WHAT IS NEEDED »
Please start at the first line of the records beneath and quote each line exactly, ending with the line containing "-- The bus afterwards".

________

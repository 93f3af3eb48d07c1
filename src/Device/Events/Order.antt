-- ===== src/Device/Events/Order.antt =====
-- What the chip hears when the display is switched off.
use mathlib.Core.List.{append_assoc}
use lenovo_magicbay_hud_linu.Base.{
  failed, Errno, ℕ, List, [], ◌∷◌, ◌++◌, ◌≡◌, ◌≢◌, ◌∙◌, refl, ap, sym, Bool, true, false, get_or,
  Outcome, ok, fail, take, drop, if◌then◌else◌, ltb,
}
use lenovo_magicbay_hud_linu.Device.{
  M, Usb, Request, Reply, no_memory, stalled, answer, hid_report, pure, throw, ◌>>=◌,
}
use lenovo_magicbay_hud_linu.Device.Xdata.{
  read_max_cnt, xdata_read_byte, xdata_write_byte, read_xdata_once, read_report, write_report,
}
use lenovo_magicbay_hud_linu.Device.Xdata.Reads.{set_of}
use lenovo_magicbay_hud_linu.Device.Video.{
  set_trans_enable, set_video_enable, set_power_enable, video_report, send,
}
use lenovo_magicbay_hud_linu.Device.Chip.{set_screen_enable, screen_switch, switch_byte}
use lenovo_magicbay_hud_linu.Device.Events.{disable, event_disable, event_proc}

-- The bus afterwards is the bus before with more sent.
abbrev Grown : Usb → Usb → Type 0
Grown u v = ((xs : List Request) × (v.sent ≡ xs ++ u.sent)) × (v.reply ≡ u.reply)

abbrev Grows : {A : Type 0} → M A → Type 0
Grows m = (u : Usb) → Grown u (m u).1

Grown-trans : (u v w : Usb) → Grown u v → Grown v w → Grown u w
Grown-trans u v w ((xs, p), q) ((ys, r), t) =
    ((ys ++ xs, r ∙ ap (λ l. ys ++ l) p ∙ sym (append_assoc ys xs u.sent)), t ∙ q)

Grows-pure : {A : Type 0} (a : A) → Grows (pure a)
Grows-pure a u = (([], refl), refl)

Grows-throw : (A : Type 0) (e : Errno) → Grows {A = A} (throw e)
Grows-throw A e u = (([], refl), refl)

Grown-reply :
    (is_set : Bool) (report : List ℕ) (r : Reply) (u : Usb)
    → u.reply u.calls u.sent (record { is_set = is_set; report = report }) ≡ r
    → Grown u (hid_report is_set report u).1
unfolding hid_report
Grown-reply is_set report no_memory u e = (([], rw (hid_report, e)), rw (hid_report, e))
Grown-reply is_set report stalled u e =
    ((record { is_set = is_set; report = report } ∷ [], rw (hid_report, e)), rw (hid_report, e))
Grown-reply is_set report (answer bytes) u e =
    ((record { is_set = is_set; report = report } ∷ [], rw (hid_report, e)), rw (hid_report, e))

Grows-hid_report : (is_set : Bool) (report : List ℕ) → Grows (hid_report is_set report)
Grows-hid_report is_set report u = Grown-reply is_set report _ u refl

Grown-then :
    {A B : Type 0} (o : Outcome A) (u v : Usb) (f : A → M B)
    → Grown u v
    → ((a : A) → Grows (f a))
    → Grown u (((λ w. (o, v)) >>= f) u).1
Grown-then (ok a) u v f g h = Grown-trans u v (f a v).1 g (h a v)
Grown-then (fail e) u v f g h = g

Grows-bind :
    {A B : Type 0} (m : M A) (f : A → M B) → Grows m → ((a : A) → Grows (f a)) → Grows (m >>= f)
Grows-bind m f g h u = Grown-then (m u).0 u (m u).1 f (g u) h

Grows-if : {A : Type 0} (b : Bool) (m k : M A) → Grows m → Grows k → Grows (if b then m else k)
Grows-if true m k g h = g
Grows-if false m k g h = h

Grows-read_once : (addr cnt : ℕ) → Grows (read_xdata_once addr cnt)
unfolding read_xdata_once
Grows-read_once addr cnt =
    let get : (sent : List ℕ)
        → Grows (hid_report false sent >>= λ rdata. pure (take cnt (drop 3 rdata))) =
      λ sent.
        Grows-bind (hid_report false sent) (λ rdata. pure (take cnt (drop 3 rdata)))
          (Grows-hid_report false sent) (λ rdata. Grows-pure (take cnt (drop 3 rdata))) in
    Grows-if (ltb read_max_cnt cnt) (throw failed) _ (Grows-throw (List ℕ) failed) (
      Grows-bind (hid_report true (read_report addr))
        (λ sent. hid_report false sent >>= λ rdata. pure (take cnt (drop 3 rdata)))
        (Grows-hid_report true (read_report addr)) get)

Grows-read_byte : (addr : ℕ) → Grows (xdata_read_byte addr)
unfolding xdata_read_byte
Grows-read_byte addr =
    Grows-bind (read_xdata_once addr 1) (λ bytes. pure (get_or bytes 0 0)) (Grows-read_once addr 1)
      (λ bytes. Grows-pure (get_or bytes 0 0))

Grows-write_byte : (addr value : ℕ) → Grows (xdata_write_byte addr value)
unfolding xdata_write_byte
Grows-write_byte addr value =
    Grows-bind (hid_report true (write_report addr value)) (λ r. pure tt)
      (Grows-hid_report true (write_report addr value)) (λ r. Grows-pure tt)

Grows-set_screen_enable :
    (on chip_id port_type : ℕ) → Grows (set_screen_enable on chip_id port_type)
unfolding set_screen_enable
Grows-set_screen_enable on chip_id port_type =
    let s = screen_switch chip_id port_type in
    Grows-bind (xdata_read_byte s.addr) (λ value. xdata_write_byte s.addr (switch_byte s on value))
      (Grows-read_byte s.addr) (λ value. Grows-write_byte s.addr (switch_byte s on value))

-- Without memory for the report a command is not even tried; such a bus is left out.
abbrev pub Allocates : Usb → Type 0
Allocates u = (n : ℕ) (h : List Request) (r : Request) → u.reply n h r ≢ no_memory

sent_by :
    (is_set : Bool) (report : List ℕ) (u : Usb)
    → Allocates u
    → (r : Reply) → u.reply u.calls u.sent (record { is_set = is_set; report = report }) ≡ r
    → (hid_report is_set report u).1.sent ≡ record { is_set = is_set; report = report } ∷ u.sent
unfolding hid_report
sent_by is_set report u h no_memory e = absurd (h _ _ _ e)
sent_by is_set report u h stalled e = rw (hid_report, e)
sent_by is_set report u h (answer bytes) e = rw (hid_report, e)

hid_report-sent :
    (is_set : Bool) (report : List ℕ) (u : Usb)
    → Allocates u
    → (hid_report is_set report u).1.sent ≡ record { is_set = is_set; report = report } ∷ u.sent
hid_report-sent is_set report u h = sent_by is_set report u h _ refl

-- The `pure` after the report does not touch the bus.
pure-bus : (o : Outcome (List ℕ)) (v : Usb) → (((λ w. (o, v)) >>= λ a. pure (tt {0})) v).1 ≡ v
pure-bus (ok a) v = refl
pure-bus (fail e) v = refl

send-sent :
    (report : List ℕ) (u : Usb) → Allocates u → (send report u).1.sent ≡ set_of report ∷ u.sent
send-sent report u h =
    ap (λ v. v.sent) (pure-bus (hid_report true report u).0 (hid_report true report u).1)
    ∙ hid_report-sent true report u h

Grows-send : (report : List ℕ) → Grows (send report)
Grows-send report =
    Grows-bind (hid_report true report) (λ r. pure tt) (Grows-hid_report true report)
      (λ r. Grows-pure tt)

Allocates-Grown : (u v : Usb) → Grown u v → Allocates u → Allocates v
Allocates-Grown u v (g, e) h n xs r =
    let q : v.reply n xs r ≡ u.reply n xs r = ap (λ f. f n xs r) e in λ z. h n xs r (sym q ∙ z)

-- Switching off returns 0 on any bus, and if there is memory for the reports, it sends the reports
-- that stop the transfer and the pictures first and the one that cuts the power last, whatever
-- fails.
pub event_disable_tries_all :
    (chip_id port_type : ℕ) (u : Usb)
    → Allocates u
    → let r = event_proc disable chip_id port_type u in
      (r.0 ≡ ok tt)
      × ((xs : List Request) × (r.1.sent
            ≡ set_of (video_report 0x07 0 2 0 0 0 0)
              ∷ (xs
                  ++ (set_of (video_report 0x05 0 0 0 0 0 0)
                      ∷ set_of (video_report 0x04 0 0 0 0 0 0)
                      ∷ u.sent))))
unfolding event_proc event_disable set_trans_enable set_video_enable set_power_enable
event_disable_tries_all chip_id port_type u h =
    let u1 = (set_trans_enable 0 u).1 in
    let u2 = (set_video_enable 0 u1).1 in
    let u3 = (set_screen_enable 0 chip_id port_type u2).1 in
    let h1 = Allocates-Grown u u1 (Grows-send (video_report 0x04 0 0 0 0 0 0) u) h in
    let h2 = Allocates-Grown u1 u2 (Grows-send (video_report 0x05 0 0 0 0 0 0) u1) h1 in
    let ((xs, e3), e) = Grows-set_screen_enable 0 chip_id port_type u2 in
    let h3 = Allocates-Grown u2 u3 ((xs, e3), e) h2 in
    let e1 = send-sent (video_report 0x04 0 0 0 0 0 0) u h in
    let e2 = send-sent (video_report 0x05 0 0 0 0 0 0) u1 h1 in
    (
      refl,
      (
        xs,
        send-sent (video_report 0x07 0 2 0 0 0 0) u3 h3
            ∙ ap (λ l. set_of (video_report 0x07 0 2 0 0 0 0) ∷ l)
                (e3
                  ∙ ap (λ l. xs ++ l)
                      (e2 ∙ ap (λ l. set_of (video_report 0x05 0 0 0 0 0 0) ∷ l) e1)),
      ),
    )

________

TASK SOLUTION »
repository 93f3af3eb48d07c1
filename src/Device/Events/Order.antt
-- ===== src/Device/Events/Order.antt =====
-- What the chip hears when the display is switched off.
use mathlib.Core.List.{append_assoc}
use lenovo_magicbay_hud_linu.Base.{
  failed, Errno, ℕ, List, [], ◌∷◌, ◌++◌, ◌≡◌, ◌≢◌, ◌∙◌, refl, ap, sym, Bool, true, false, get_or,
  Outcome, ok, fail, take, drop, if◌then◌else◌, ltb,
}
use lenovo_magicbay_hud_linu.Device.{
  M, Usb, Request, Reply, no_memory, stalled, answer, hid_report, pure, throw, ◌>>=◌,
}
use lenovo_magicbay_hud_linu.Device.Xdata.{
  read_max_cnt, xdata_read_byte, xdata_write_byte, read_xdata_once, read_report, write_report,
}
use lenovo_magicbay_hud_linu.Device.Xdata.Reads.{set_of}
use lenovo_magicbay_hud_linu.Device.Video.{
  set_trans_enable, set_video_enable, set_power_enable, video_report, send,
}
use lenovo_magicbay_hud_linu.Device.Chip.{set_screen_enable, screen_switch, switch_byte}
use lenovo_magicbay_hud_linu.Device.Events.{disable, event_disable, event_proc}

-- The bus afterwards is the bus before with more sent.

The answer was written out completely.